(Stored data)
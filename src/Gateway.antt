-- ===== src/Gateway.antt =====
-- `class OrderGateway`: include/chronos/execution/order_gateway.hpp,
-- src/execution/order_gateway.cpp. A method is one step of the I/O thread; the clock it reads is an
-- argument. The HTTP client and the JSON parser are the parameter `Exchange`. The calls of the
-- fill callback are kept in the order in which they were made. The wire messages of the stub
-- encoders, which always succeed and which nothing reads, are left out.
pub mod Inject
pub mod Process
pub mod Lifecycle
pub mod Tracked
pub mod Drain
pub mod Shutdown
pub mod Simulated
pub mod Tests
use libchronos.Base.{
  ℕ, ◌+◌, ◌-◌, ◌*◌, ◌/◌, ◌%◌, ◌^◌, Bool, false, ◌&&◌, ◌||◌, Option, none, some, List, [], ◌∷◌,
  if◌then◌else◌, ltb, ◌==◌, lookup, put, remove, length, get_or,
}
use libchronos.Base.Words.{inc64, sub64}
use libchronos.Types.{OrderRequest, OrderSide, OrderType, OrderStatus, Fill}

-- `struct PendingOrder`
pub record PendingOrder (D : Type 0) : Type 0 where
  pub order_id : ℕ
  pub client_order_id : ℕ
  pub submit_timestamp_us : ℕ
  pub symbol_id : ℕ
  pub exchange_id : ℕ
  pub strategy_id : ℕ
  pub side : OrderSide
  pub type : OrderType
  pub status : OrderStatus
  pub original_price : D
  pub original_quantity : D
  pub filled_quantity : D
  pub last_update_us : ℕ

-- `struct OrderGatewayStats`
pub record OrderGatewayStats : Type 0 where
  pub orders_received : ℕ
  pub orders_sent : ℕ
  pub orders_rejected : ℕ
  pub orders_cancelled : ℕ
  pub orders_modified : ℕ
  pub fills_received : ℕ
  pub fill_errors : ℕ
  pub exchange_id_mismatch : ℕ
  pub queue_empty_polls : ℕ
  pub pending_order_count : ℕ
  pub avg_send_latency_us : ℕ

abbrev pub no_stats : OrderGatewayStats
no_stats = record {
  orders_received = 0;
  orders_sent = 0;
  orders_rejected = 0;
  orders_cancelled = 0;
  orders_modified = 0;
  fills_received = 0;
  fill_errors = 0;
  exchange_id_mismatch = 0;
  queue_empty_polls = 0;
  pending_order_count = 0;
  avg_send_latency_us = 0;
}

-- `clientOrderId`: the text is the order id and the time, joined by "_".
abbrev pub ClientOrderId : Type 0
ClientOrderId = ℕ × ℕ

-- What `placeOrder` and the JSON parser give: no response, one that cannot be parsed, or the id at
-- the exchange and the update time.
pub data PlaceResult : Type 0 where
  failed : PlaceResult
  unreadable : PlaceResult
  placed : ℕ → ℕ → PlaceResult

-- The exchange that a gateway with `http_client_` talks to.
abbrev pub Exchange : Type 0 → Type 0
Exchange D = OrderRequest D → ClientOrderId → PlaceResult

-- `symbols` tells which names of `config_.symbols` are not empty.
pub record OrderGateway (D : Type 0) : Type 0 where
  pub running : Bool
  pub exchange_id : ℕ
  pub symbols : List Bool
  pub simulate_fills : Bool
  pub has_callback : Bool
  pub http_client : Option (Exchange D)
  pub pending_orders : List (ℕ × PendingOrder D)
  pub exchange_to_local : List (ℕ × ℕ)
  pub client_id_to_local : List (ClientOrderId × ℕ)
  pub stats : OrderGatewayStats
  pub avg_send_latency_us : ℕ
  pub delivered : List (Fill D)

-- What the steady clock shows: when the step starts, and at its later readings.
pub record Clock : Type 0 where
  pub send_time : ℕ
  pub later : ℕ

-- `client_id_to_local_.find`; the latest assignment stands first.
unfoldable pub lookup_client : ClientOrderId → List (ClientOrderId × ℕ) → Option ℕ
lookup_client c [] = none
lookup_client c ((k, id) ∷ m) = if k.0 == c.0 && k.1 == c.1 then some id else lookup_client c m

module _ {D : Type 0} where
  abbrev pub received : OrderGateway D → OrderGateway D
  received g = record g {
    stats = record g.stats { orders_received = inc64 g.stats.orders_received };
  }

  abbrev pub mismatched : OrderGateway D → OrderGateway D
  mismatched g = record g {
    stats = record g.stats { exchange_id_mismatch = inc64 g.stats.exchange_id_mismatch };
  }

  abbrev pub rejected : OrderGateway D → OrderGateway D
  rejected g = record g {
    stats = record g.stats { orders_rejected = inc64 g.stats.orders_rejected };
  }

  abbrev pub cancelled : OrderGateway D → OrderGateway D
  cancelled g = record g {
    stats = record g.stats { orders_cancelled = inc64 g.stats.orders_cancelled };
  }

  abbrev pub modified : OrderGateway D → OrderGateway D
  modified g = record g {
    stats = record g.stats { orders_modified = inc64 g.stats.orders_modified };
  }

  abbrev pub sent : OrderGateway D → OrderGateway D
  sent g = record g { stats = record g.stats { orders_sent = inc64 g.stats.orders_sent } }

  -- `!simulate_fills_ && http_client_`
  abbrev pub real_client : OrderGateway D → Option (Exchange D)
  real_client g = if g.simulate_fills then none else g.http_client

  -- `symbolIdToName` gives a text that is not empty.
  unfoldable pub has_symbol : OrderGateway D → ℕ → Bool
  has_symbol g symbol_id =
      if symbol_id == 0 || ltb (length g.symbols) symbol_id
      then false
      else get_or g.symbols (symbol_id - 1) false

  -- `simulateSend`
  unfoldable pub simulate_send : OrderGateway D → Clock → OrderGateway D
  simulate_send g clock =
      let elapsed = sub64 clock.later clock.send_time in
      record g {
        avg_send_latency_us =
            if g.avg_send_latency_us == 0
            then elapsed
            else ((g.avg_send_latency_us * 7 + elapsed) % 2 ^ 64) / 8;
      }

  unfoldable pub find_pending : OrderGateway D → ℕ → Option (PendingOrder D)
  find_pending g order_id = lookup order_id g.pending_orders

  abbrev pub store_pending : OrderGateway D → ℕ → PendingOrder D → OrderGateway D
  store_pending g id po = record g { pending_orders = put id po g.pending_orders }

  -- `finalizeOrder`
  abbrev pub finalize_order : OrderGateway D → ℕ → OrderGateway D
  finalize_order g id = record g { pending_orders = remove id g.pending_orders }

  -- `exchange_to_local_.find`, then `pending_orders_.find`, when the id is not pending itself.
  unfoldable pub resolve_fill : OrderGateway D → ℕ → Option (ℕ × PendingOrder D)
  unfolding find_pending
  resolve_fill g id = elim (find_pending g id) [
    | some po ↦ some (id, po)
    | none ↦ elim (lookup id g.exchange_to_local) [
      | none ↦ none
      | some local ↦ elim (find_pending g local) [ none ↦ none | some po ↦ some (local, po) ]
    ]
  ]

  unfoldable pub resolve_by_client_order_id : OrderGateway D → ClientOrderId → ℕ
  unfolding lookup_client
  resolve_by_client_order_id g c = elim (lookup_client c g.client_id_to_local) [
    | none ↦ 0
    | some id ↦ id
  ]

  unfoldable pub pending_count : OrderGateway D → ℕ
  pending_count g = length g.pending_orders

  unfoldable pub get_stats : OrderGateway D → OrderGatewayStats
  get_stats g = record g.stats {
    pending_order_count = length g.pending_orders;
    avg_send_latency_us = g.avg_send_latency_us;
  }

  unfoldable pub reset_stats : OrderGateway D → OrderGateway D
  reset_stats g = record g { stats = no_stats; avg_send_latency_us = 0 }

> Prompt
If a line in the records above includes the string "symbols", copy it.

> Response for this exercise
-- `symbols` tells which names of `config_.symbols` are not empty.
  pub symbols : List Bool
      if symbol_id == 0 || ltb (length g.symbols) symbol_id
      else get_or g.symbols (symbol_id - 1) false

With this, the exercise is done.